Wednesday, February 23, 2022

 

Another Archival Delight from the Blue Ride Journal about the world of Riding

Wind



I fly low, a noisy bird moving through the world. I’m in it but not of it. My mouth is full of wind and my hair snaps like flags where it escapes from my helmet; my ears burn with the buffet and boom of the air around me. Air that is not a breeze but a bully, air that doesn’t slide but air that pounds and slaps and knocks me around on the back of my motorcycle.

The wind surprised me when I met it the first time on the road. It stiff armed me and left my cheeks cold and my nose burning inside like I’d inhaled hot ashes. I didn’t really take the wind seriously until I headed out across the prairies; I’d only flirted with it before then. The wind on the prairie blows hard and long, like a living spirit out there with you on the road.

A long day’s ride across a gold summer prairie will bring cold fingers of icy air in the morning that tease and pull your pants loose from your legs and invites the wind in to fondle and freeze your ankles. Your eyes tear and your nose aches from the cold and about the time you adjust to the chilly embrace the day’s wind warms and the layers come off one at a time in a sort of wind assisted strip tease. At each stop you lose another piece of gear; first the leather chaps, then the jacket, then the warm sweatshirt. By afternoon you are hot, down to a tee shirt and jeans with eyes that burn from the insistent hair dryer heat of the wind on your face. Your nose burns inside up to your eyebrows with the dry heat. When you stop for gas or a cold drink you hunt for the Vaseline, Chapstick or Carmex, anything greasy in the way of lip balm that you can squish out of a tube and smear on your mouth and use to coat the inside of your nose. Attractively greased up with Vaseline from your chin to your eyebrows you hit the road again, only to discover that now when a bug hits it sticks to the grease.




By early afternoon you are just about hammered by the freight train of wind. You have on your goggles that shut out the wind from the sides so your eyes stop tearing, your nose is full of Vaseline and dead bugs and you have put in your foam earplugs. Sort of like three monkeys in one go--see no evil, hear no evil, speak no evil. In this case it’s more like feel no wind, smell no wind and hear no wind. When you get the pain factor caused by hours in the blistering wind under control, you start to notice other things.

Things like when you ride down into a draw or a little valley the wind stops for a few seconds. You notice immediately that when you come out the other side it has changed course and is now pounding you sideways from the other direction, causing a handlebar clenching moment while you compute the new angle of lean you will be taking. I started learning the wind on my first epic ride to Sturgis.

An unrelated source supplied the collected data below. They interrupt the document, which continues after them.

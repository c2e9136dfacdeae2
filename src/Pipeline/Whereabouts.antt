-- ===== src/Pipeline/Whereabouts.antt =====
-- Where a written event is: what one step of the relay makes of it.
use mathlib.Core.List.{Mem}
use miniwallet.Base.{
  ℕ, ◌≡◌, refl, sym, ◌∙◌, ap, Bool, true, not, ◌&&◌, ◌==◌, String, List, [], ◌∷◌, ◌++◌, All,
  All-each, All-imp, any-intro, any-true, IsOneOf, IsOneOf-left, IsOneOf-filter, Bool-cases, inl,
  inr, ◌⊎◌, if_intro, filter, arith,
}
use miniwallet.Schemas.{HashInput}
use miniwallet.Models.{OutboxStatus}
use miniwallet.Db.{Db, OutboxRow}
use miniwallet.Outbox.{
  Message, message, claim_batch, select_batch, set_publishing, contains_id, recover_stuck_rows,
  is_stuck, cleanup_published_rows, is_deletable, is_published, is_failed,
}
use miniwallet.Outbox.Delivery.{RowHolds, StatusHolds, Delivered}
use miniwallet.Outbox.Rounds.{map-keeps, deletable-ended}
use miniwallet.Activity.Readable.{Emits-events}
use miniwallet.System as System
use miniwallet.System.{Step-Emits}
use miniwallet.Pipeline.{Line, AreDistinct}
use miniwallet.Pipeline.Origin.{IsFrom, IsTraced, same_row}

-- A new event waits.
waiting-Holds :
    (log : List Message) (r : OutboxRow) → r.status ≡ OutboxStatus.pending → RowHolds log r
waiting-Holds log r e = rw e tt

pub new_events-Hold :
    (sha256 : HashInput → String) {db db' : Db} (events : List OutboxRow) (log : List Message)
    → System.Step sha256 db db'
    → db'.outbox ≡ events ++ db.outbox
    → All (RowHolds log) events
new_events-Hold sha256 events log step h =
    let e = Step-Emits sha256 step in
    All-imp (λ (r : OutboxRow). r.status ≡ OutboxStatus.pending) (RowHolds log) events
      (waiting-Holds log) (rw (Emits-events e events h) at e.waiting)

pub contains-left :
    (i : ℕ) (r : OutboxRow) (k l : List OutboxRow)
    → IsOneOf r k
    → r.id ≡ i
    → contains_id (k ++ l) i ≡ true
contains-left i r k l mem e =
    any-intro (λ (x : OutboxRow). x.id == i) r (k ++ l) (IsOneOf-left r k l mem) (ground (arith, e))

pub contains-right :
    (i : ℕ) (k l : List OutboxRow) → contains_id l i ≡ true → contains_id (k ++ l) i ≡ true
contains-right i [] l h = h
contains-right i (r ∷ k) l h = ground (arith, contains-right i k l h)

pub claim-keeps :
    (locked : ℕ → Bool) (i : ℕ) (table : List OutboxRow)
    → contains_id table i ≡ true
    → contains_id (claim_batch locked table).1 i ≡ true
unfolding claim_batch
claim-keeps locked i table h =
    map-keeps i _ table
      (λ r.
        if_intro (λ (x : OutboxRow). x.id ≡ r.id) (contains_id (select_batch locked table) r.id)
          (set_publishing r) r (λ _. refl) (λ _. refl))
      h

pub recover-keeps :
    (now i : ℕ) (table : List OutboxRow)
    → contains_id table i ≡ true
    → contains_id (recover_stuck_rows now table) i ≡ true
unfolding recover_stuck_rows
recover-keeps now i table h =
    map-keeps i _ table
      (λ r.
        if_intro (λ (x : OutboxRow). x.id ≡ r.id) (is_stuck now r)
          (record r { status = OutboxStatus.pending }) r (λ _. refl) (λ _. refl))
      h

published-Holds :
    (log : List Message) (r : OutboxRow) (st : OutboxStatus)
    → is_published st ≡ true
    → StatusHolds log r st
    → Mem (message r) log
published-Holds log r OutboxStatus.published e h = h
published-Holds log r OutboxStatus.pending e h = absurd (ground (arith, e))
published-Holds log r OutboxStatus.publishing e h = absurd (ground (arith, e))
published-Holds log r OutboxStatus.failed e h = absurd (ground (arith, e))

-- A row of the table with the id of a written one has its message.
row_of-message :
    (history table : List OutboxRow) (r x : OutboxRow)
    → AreDistinct history
    → All (IsFrom history) table
    → IsOneOf r history
    → IsOneOf x table
    → (x.id == r.id) ≡ true
    → message x ≡ message r
row_of-message history table r x distinct from written mem e =
    let f = All-each (IsFrom history) x table from mem in
    let same : f.event.id ≡ r.id = f.same_id ∙ ground (arith, e) in
    sym f.same_message
    ∙ ap message (same_row history f.event r distinct f.written written (inl same))

-- Kafka has the event's message, or its row is in the table, or it failed and was removed.
abbrev pub IsAccounted : Line → OutboxRow → Type 0
IsAccounted s r =
    Mem (message r) s.log
    ⊎ ((contains_id s.table r.id ≡ true) ⊎ (contains_id s.given_up r.id ≡ true))

-- A row of the table, one that is published, and one that has failed.
module _ (s : Line) (r : OutboxRow) (traced : IsTraced s) (distinct : AreDistinct s.db.outbox)
    (delivered : Delivered (s.table, s.log)) (written : IsOneOf r s.db.outbox) where
  pub published_in_log :
      (x : OutboxRow)
      → IsOneOf x s.table
      → (x.id == r.id) ≡ true
      → is_published x.status ≡ true
      → Mem (message r) s.log
  published_in_log x mem e h =
      let same = row_of-message s.db.outbox s.table r x distinct traced.table written mem e in
      rw same at
        (published-Holds s.log x x.status h (All-each (RowHolds s.log) x s.table delivered mem))

  removed :
      (now : ℕ) (x : OutboxRow)
      → IsOneOf x s.table
      → (x.id == r.id) ≡ true
      → is_deletable now x ≡ true
      → IsAccounted
          (record s {
            table = cleanup_published_rows now s.table;
            given_up =
                filter (λ (y : OutboxRow). is_deletable now y && is_failed y.status) s.table
                ++ s.given_up;
          })
          r
  removed now x mem e old = elim (Bool-cases (is_published x.status)) [
    | inl yes_p ↦ inl (published_in_log x mem e yes_p)
    | inr no_p ↦
        let ended = deletable-ended now x old in
        let both : (is_deletable now x && is_failed x.status) ≡ true =
          ground (arith, old, ended, no_p) in
        let p : OutboxRow → Bool = λ (y : OutboxRow). is_deletable now y && is_failed y.status in
        inr (
          inr (
            contains-left r.id x (filter p s.table) s.given_up (IsOneOf-filter p x s.table mem both)
              (ground (arith, e))))
  ]

  pub cleaned :
      (now : ℕ)
      → contains_id s.table r.id ≡ true
      → IsAccounted
          (record s {
            table = cleanup_published_rows now s.table;
            given_up =
                filter (λ (y : OutboxRow). is_deletable now y && is_failed y.status) s.table
                ++ s.given_up;
          })
          r
  unfolding cleanup_published_rows
  cleaned now h =
      let (x, mem, e) = any-true (λ (y : OutboxRow). y.id == r.id) s.table h in
      elim (Bool-cases (is_deletable now x)) [
        | inl old ↦ removed now x mem e old
        | inr young ↦
            let p : OutboxRow → Bool = λ (y : OutboxRow). not (is_deletable now y) in
            inr (
              inl (
                any-intro (λ (y : OutboxRow). y.id == r.id) x (filter p s.table)
                  (IsOneOf-filter p x s.table mem (rw young refl)) e))
      ]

My road partners were three firemen, who have been riding for years. Add to this the notion that firemen are, shall we say, different? These are people who enjoy running into burning buildings when the rest of us are running out—and they like it. They are not exactly ‘adrenaline junkies ‘as the phrase goes, but they do tend to live life at a level ratcheted up a notch from the rest of us and they are fairly nonchalant about the tough stuff.





On our jaunt across the country when we hit the prairies and the endless winds the stories started. As a brand new green-gilled, wet-behind-the-ears motorcyclist my eyes got bigger and my stomach got tighter with each Paul Bunyanesque tale. Horrific stories of riding in wind so strong bikes were blown across three lanes of freeway and into oncoming traffic. I heard about winds that were so blustery bikers rolled down the road tipped over to the point they could drag a hand on the pavement if they’d wanted to. I heard about headwinds so fierce your bike wouldn’t go over 20 miles an hour and tailwinds that blew you along all over the road willy-nilly like yesterday’s newspaper. I gritted my teeth and thought to myself, while adding more grease layers to my chapped face and bug collection, “Oh goody, one more novitiate terror for my list, I’ll add this one on right behind tightly wound mountain roads and gravel driveways.”

After the first ‘Windsday’ I wasn’t scared any longer, I was just cranky and irritated from the ceaseless blowing. I did get shoved all over the road when the breeze suddenly changed hats and came from the other direction; I endured headwinds, tailwinds, and side winds. One spot in South Dakota was so windy we were all leaned to the left so far it looked like we were going around a banked corner. This happened to be on a stretch of road that’s flat as a flounder and straight as a stick right to the horizon. It doesn’t feel like you are riding tipped to one side. You don’t realize it until you look at the string of riders ahead of you and realize everyone’s riding at a bizarre and drunken looking angle strung out in a line ahead of you.





Like most of the novice terrors, this one required riding through it and out the other side. Motorcycles don’t have reverse for a reason; you just have to keep going forward. You come to realize if you ride, you ride with the wind. Sometimes you ride on it and sometimes it rides on you but I have learned to always carry a few pairs of those foam earplugs stuffed in a pocket somewhere. Oh, and get used to calling the wind Mariah. She’s not going anywhere.